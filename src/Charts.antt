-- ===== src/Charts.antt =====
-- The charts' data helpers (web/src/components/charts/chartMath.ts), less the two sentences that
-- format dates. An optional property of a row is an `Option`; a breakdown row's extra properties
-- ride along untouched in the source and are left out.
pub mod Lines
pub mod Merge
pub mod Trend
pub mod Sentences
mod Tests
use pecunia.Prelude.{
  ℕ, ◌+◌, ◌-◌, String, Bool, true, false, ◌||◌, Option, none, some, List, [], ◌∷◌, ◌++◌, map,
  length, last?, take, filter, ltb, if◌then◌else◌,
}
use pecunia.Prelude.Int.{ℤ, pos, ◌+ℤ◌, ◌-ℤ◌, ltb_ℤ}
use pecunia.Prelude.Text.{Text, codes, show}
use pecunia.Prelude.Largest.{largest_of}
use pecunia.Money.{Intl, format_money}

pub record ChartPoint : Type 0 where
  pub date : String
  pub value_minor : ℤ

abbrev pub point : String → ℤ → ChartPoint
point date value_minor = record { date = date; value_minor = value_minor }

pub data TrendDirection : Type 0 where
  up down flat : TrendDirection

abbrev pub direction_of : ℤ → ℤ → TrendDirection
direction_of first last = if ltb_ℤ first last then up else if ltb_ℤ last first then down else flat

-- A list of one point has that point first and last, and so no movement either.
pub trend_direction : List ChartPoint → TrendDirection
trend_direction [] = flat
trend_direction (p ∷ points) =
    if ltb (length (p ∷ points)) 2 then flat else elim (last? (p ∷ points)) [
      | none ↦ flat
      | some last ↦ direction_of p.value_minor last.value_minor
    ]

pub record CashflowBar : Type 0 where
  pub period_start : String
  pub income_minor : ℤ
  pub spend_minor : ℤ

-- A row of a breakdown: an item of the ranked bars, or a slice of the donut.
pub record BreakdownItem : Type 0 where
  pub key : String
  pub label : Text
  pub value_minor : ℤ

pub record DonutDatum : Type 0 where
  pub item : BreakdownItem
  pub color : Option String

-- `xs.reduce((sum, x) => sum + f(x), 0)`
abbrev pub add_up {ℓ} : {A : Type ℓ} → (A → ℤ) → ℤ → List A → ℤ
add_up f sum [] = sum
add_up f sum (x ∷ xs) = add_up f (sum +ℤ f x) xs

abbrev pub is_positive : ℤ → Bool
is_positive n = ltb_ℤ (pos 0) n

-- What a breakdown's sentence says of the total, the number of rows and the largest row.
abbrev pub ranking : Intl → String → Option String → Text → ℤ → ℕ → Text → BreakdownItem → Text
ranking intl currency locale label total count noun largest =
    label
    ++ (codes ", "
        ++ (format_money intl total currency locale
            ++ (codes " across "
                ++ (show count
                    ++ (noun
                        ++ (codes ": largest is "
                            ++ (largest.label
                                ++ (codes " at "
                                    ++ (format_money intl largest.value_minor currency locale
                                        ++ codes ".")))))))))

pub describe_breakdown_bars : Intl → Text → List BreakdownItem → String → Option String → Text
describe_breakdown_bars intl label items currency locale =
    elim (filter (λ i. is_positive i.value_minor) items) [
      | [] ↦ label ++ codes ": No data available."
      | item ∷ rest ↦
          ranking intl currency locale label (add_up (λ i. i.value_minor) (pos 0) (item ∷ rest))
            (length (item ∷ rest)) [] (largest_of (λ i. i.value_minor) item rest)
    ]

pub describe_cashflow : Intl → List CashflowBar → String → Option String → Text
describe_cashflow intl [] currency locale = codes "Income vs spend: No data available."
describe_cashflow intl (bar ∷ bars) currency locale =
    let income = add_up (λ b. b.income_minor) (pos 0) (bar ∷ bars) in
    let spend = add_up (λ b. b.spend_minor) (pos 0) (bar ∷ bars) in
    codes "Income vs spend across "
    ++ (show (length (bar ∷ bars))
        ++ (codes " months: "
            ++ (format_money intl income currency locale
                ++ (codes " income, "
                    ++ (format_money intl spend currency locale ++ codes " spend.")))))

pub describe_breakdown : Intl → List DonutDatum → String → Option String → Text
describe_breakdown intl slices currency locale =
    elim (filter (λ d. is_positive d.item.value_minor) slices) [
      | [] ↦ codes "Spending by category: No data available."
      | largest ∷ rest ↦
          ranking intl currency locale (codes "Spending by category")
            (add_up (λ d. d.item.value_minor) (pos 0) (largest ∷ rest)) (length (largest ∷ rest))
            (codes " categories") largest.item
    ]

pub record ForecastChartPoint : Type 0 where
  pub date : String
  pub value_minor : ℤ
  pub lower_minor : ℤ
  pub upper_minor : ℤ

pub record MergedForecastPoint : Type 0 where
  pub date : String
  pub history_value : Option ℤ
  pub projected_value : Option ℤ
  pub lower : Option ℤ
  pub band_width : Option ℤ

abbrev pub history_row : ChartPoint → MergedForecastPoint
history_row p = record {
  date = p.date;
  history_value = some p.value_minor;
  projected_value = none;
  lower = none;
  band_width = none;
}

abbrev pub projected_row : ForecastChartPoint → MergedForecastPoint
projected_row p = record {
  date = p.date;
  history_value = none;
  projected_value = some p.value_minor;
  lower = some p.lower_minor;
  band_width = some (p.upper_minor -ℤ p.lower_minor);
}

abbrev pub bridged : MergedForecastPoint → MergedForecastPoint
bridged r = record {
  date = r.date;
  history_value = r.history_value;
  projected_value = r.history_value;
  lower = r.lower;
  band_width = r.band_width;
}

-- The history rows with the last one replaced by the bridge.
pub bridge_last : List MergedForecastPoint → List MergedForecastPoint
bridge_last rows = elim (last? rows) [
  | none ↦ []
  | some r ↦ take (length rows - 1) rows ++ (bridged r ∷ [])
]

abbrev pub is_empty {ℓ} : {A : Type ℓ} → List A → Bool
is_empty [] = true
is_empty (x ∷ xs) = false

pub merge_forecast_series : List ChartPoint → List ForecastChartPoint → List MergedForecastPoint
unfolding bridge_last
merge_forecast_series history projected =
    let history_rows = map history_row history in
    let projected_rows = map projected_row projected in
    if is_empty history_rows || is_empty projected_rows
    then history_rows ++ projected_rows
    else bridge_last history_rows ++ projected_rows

··········

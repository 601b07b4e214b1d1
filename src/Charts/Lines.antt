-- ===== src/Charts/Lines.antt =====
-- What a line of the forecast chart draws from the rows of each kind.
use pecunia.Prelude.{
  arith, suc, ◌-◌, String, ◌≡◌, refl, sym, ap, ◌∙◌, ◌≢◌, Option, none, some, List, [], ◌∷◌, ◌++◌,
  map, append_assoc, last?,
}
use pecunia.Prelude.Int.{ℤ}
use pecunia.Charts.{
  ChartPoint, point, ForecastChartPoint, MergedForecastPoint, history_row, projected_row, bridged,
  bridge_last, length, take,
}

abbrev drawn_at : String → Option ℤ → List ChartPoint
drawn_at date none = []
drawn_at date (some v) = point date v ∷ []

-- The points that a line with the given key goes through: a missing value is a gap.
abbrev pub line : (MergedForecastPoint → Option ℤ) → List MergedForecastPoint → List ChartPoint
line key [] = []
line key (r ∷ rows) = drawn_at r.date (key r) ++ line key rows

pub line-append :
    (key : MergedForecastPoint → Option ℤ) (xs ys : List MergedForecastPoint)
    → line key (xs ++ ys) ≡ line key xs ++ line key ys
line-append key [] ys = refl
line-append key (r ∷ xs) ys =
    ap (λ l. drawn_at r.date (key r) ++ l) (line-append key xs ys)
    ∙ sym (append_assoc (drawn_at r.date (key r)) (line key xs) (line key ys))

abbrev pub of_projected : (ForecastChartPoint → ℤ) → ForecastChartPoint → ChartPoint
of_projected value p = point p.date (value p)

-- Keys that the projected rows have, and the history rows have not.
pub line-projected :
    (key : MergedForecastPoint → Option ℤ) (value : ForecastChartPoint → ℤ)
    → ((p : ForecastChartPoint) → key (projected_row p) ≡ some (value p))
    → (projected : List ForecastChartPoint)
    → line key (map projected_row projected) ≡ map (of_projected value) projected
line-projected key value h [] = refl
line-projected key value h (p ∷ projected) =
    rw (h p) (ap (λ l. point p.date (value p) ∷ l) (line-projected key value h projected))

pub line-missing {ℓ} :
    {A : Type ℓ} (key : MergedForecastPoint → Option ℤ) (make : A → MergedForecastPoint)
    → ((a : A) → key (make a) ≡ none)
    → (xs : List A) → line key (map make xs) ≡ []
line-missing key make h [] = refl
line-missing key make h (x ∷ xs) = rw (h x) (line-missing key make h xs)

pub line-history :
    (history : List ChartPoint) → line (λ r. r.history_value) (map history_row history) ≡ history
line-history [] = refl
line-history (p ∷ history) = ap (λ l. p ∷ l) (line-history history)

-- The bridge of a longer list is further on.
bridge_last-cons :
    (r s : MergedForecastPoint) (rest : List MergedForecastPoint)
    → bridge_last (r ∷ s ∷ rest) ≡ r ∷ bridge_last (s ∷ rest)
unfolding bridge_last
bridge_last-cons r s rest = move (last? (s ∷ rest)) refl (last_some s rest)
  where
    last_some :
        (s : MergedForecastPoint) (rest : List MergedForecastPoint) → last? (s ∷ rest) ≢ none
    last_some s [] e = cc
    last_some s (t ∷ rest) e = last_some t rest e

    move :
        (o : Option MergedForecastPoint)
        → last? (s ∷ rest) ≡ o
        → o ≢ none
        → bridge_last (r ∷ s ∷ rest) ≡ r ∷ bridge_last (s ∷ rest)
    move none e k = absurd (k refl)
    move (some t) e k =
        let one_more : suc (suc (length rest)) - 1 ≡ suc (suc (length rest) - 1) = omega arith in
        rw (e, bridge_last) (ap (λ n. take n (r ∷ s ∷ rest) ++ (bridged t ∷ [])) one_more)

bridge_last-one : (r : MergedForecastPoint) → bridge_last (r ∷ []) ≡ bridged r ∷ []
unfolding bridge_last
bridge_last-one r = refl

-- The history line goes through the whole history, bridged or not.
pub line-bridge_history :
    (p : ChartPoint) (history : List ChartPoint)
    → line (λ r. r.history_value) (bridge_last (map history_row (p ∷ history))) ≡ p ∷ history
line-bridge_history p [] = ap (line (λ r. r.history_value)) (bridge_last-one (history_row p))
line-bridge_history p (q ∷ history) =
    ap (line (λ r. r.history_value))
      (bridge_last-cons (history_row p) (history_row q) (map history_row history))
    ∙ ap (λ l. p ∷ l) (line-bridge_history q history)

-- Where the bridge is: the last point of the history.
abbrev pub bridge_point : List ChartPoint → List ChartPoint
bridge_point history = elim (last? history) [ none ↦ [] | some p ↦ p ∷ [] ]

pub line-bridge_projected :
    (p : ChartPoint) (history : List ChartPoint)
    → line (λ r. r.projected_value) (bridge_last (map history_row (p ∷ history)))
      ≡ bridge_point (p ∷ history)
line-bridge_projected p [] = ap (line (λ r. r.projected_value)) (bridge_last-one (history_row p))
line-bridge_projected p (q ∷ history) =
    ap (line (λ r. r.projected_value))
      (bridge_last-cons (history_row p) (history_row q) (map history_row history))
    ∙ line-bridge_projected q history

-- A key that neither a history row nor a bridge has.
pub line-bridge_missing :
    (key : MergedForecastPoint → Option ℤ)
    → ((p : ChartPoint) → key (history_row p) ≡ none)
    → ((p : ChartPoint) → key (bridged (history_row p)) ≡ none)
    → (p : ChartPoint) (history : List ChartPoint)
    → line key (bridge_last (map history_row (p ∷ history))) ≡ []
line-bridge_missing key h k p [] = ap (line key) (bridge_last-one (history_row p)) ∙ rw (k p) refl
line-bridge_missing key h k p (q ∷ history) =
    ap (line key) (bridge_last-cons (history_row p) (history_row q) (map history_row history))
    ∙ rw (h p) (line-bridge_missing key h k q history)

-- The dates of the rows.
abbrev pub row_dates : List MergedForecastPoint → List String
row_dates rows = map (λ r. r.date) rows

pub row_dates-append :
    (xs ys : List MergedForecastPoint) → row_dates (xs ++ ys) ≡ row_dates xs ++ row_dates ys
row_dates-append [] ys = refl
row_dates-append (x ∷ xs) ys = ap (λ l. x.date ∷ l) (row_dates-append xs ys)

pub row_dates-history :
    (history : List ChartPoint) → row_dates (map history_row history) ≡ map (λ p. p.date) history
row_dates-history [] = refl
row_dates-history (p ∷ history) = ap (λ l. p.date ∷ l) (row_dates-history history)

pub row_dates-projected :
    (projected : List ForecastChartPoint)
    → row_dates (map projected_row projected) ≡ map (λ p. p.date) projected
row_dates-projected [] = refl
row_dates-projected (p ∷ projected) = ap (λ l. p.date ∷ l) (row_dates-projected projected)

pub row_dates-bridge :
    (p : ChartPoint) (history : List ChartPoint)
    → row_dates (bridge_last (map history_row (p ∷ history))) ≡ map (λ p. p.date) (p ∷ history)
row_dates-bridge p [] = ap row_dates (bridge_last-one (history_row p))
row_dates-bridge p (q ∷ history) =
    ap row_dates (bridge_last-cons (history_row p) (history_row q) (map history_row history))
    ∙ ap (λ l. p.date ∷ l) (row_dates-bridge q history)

··········

### What you should do:
Return only the part of the records above that opens with the line containing "filename src/Charts.antt" and closes with the line containing "-- format dates.", ends included.

### Answer to this task:
filename src/Charts.antt
-- ===== src/Charts.antt =====
-- The charts' data helpers (web/src/components/charts/chartMath.ts), less the two sentences that
-- format dates. An optional property of a row is an `Option`; a breakdown row's extra properties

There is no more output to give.